------ PROVIDED RECORDS ------
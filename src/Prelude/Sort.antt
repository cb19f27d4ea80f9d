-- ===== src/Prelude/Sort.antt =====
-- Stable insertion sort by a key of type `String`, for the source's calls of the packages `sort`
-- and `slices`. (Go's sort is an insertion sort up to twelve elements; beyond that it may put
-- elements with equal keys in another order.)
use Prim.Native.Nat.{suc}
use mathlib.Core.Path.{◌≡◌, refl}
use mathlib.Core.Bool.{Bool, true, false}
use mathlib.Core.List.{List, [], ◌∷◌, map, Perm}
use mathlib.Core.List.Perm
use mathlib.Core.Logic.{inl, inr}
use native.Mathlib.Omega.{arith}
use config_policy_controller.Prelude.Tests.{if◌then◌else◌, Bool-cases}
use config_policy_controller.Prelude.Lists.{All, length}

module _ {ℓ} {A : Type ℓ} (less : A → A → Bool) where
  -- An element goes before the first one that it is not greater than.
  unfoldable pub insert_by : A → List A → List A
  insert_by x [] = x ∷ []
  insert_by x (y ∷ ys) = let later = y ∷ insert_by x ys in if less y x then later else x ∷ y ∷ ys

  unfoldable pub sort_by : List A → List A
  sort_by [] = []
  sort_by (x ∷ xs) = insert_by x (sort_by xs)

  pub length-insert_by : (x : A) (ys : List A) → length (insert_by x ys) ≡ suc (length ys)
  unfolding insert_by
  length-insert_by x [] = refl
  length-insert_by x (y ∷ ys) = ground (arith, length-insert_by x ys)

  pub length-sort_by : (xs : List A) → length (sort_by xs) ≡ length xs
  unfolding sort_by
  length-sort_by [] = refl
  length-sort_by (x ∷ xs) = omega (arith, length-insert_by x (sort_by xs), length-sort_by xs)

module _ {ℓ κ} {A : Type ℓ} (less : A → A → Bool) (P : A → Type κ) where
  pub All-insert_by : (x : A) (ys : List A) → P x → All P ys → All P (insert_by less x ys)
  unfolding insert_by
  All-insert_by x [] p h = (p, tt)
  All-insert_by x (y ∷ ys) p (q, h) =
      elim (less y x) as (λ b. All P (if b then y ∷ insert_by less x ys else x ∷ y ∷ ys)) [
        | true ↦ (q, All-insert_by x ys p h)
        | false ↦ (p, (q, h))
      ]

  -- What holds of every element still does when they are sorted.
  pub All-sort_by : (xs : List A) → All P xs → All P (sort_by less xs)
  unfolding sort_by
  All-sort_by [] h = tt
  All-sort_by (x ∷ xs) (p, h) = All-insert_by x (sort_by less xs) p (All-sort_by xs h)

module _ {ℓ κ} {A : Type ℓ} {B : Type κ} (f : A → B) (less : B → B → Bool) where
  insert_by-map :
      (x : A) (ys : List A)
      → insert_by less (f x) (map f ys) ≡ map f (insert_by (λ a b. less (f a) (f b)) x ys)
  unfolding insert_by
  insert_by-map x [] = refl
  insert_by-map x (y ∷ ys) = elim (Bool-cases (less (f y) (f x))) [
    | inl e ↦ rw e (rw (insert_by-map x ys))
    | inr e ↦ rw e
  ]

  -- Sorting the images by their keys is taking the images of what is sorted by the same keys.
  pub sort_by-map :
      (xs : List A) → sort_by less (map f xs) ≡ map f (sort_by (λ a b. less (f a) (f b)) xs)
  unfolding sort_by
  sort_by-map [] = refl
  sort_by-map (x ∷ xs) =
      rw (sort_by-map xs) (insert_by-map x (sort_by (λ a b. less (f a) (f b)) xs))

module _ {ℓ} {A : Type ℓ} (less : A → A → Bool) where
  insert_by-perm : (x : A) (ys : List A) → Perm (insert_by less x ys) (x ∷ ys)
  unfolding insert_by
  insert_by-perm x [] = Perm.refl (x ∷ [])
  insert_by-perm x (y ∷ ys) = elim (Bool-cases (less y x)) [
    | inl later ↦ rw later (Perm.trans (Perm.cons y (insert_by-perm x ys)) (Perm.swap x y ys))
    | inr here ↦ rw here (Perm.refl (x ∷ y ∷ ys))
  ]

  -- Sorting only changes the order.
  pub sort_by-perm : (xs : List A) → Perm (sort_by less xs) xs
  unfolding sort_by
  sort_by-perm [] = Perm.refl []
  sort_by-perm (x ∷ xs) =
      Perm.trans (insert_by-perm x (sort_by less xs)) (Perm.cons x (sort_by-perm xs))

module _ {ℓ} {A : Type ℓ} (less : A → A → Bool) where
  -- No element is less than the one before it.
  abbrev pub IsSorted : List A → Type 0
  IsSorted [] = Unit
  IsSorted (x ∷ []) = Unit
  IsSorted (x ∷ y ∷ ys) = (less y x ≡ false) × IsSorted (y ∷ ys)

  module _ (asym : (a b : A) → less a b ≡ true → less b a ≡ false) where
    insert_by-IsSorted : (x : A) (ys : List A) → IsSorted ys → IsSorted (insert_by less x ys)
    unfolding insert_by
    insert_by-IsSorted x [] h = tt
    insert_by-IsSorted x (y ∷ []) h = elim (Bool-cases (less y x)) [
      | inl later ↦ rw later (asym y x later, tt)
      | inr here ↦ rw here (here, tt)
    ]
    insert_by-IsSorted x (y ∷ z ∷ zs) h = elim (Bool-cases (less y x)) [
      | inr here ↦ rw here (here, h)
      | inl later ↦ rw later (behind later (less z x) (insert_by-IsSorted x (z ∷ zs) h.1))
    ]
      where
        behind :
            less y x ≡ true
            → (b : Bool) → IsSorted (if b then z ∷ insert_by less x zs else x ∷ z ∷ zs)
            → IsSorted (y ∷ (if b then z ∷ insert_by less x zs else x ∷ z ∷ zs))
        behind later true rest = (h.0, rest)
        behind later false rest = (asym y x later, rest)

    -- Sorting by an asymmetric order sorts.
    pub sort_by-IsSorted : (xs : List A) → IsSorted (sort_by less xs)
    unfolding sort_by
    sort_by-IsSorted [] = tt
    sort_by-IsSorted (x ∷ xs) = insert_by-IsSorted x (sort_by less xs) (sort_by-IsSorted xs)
------
*TASK GOAL*
Number of lines holding "antt" in the data: give it, with nothing else.

*OUTPUT*
2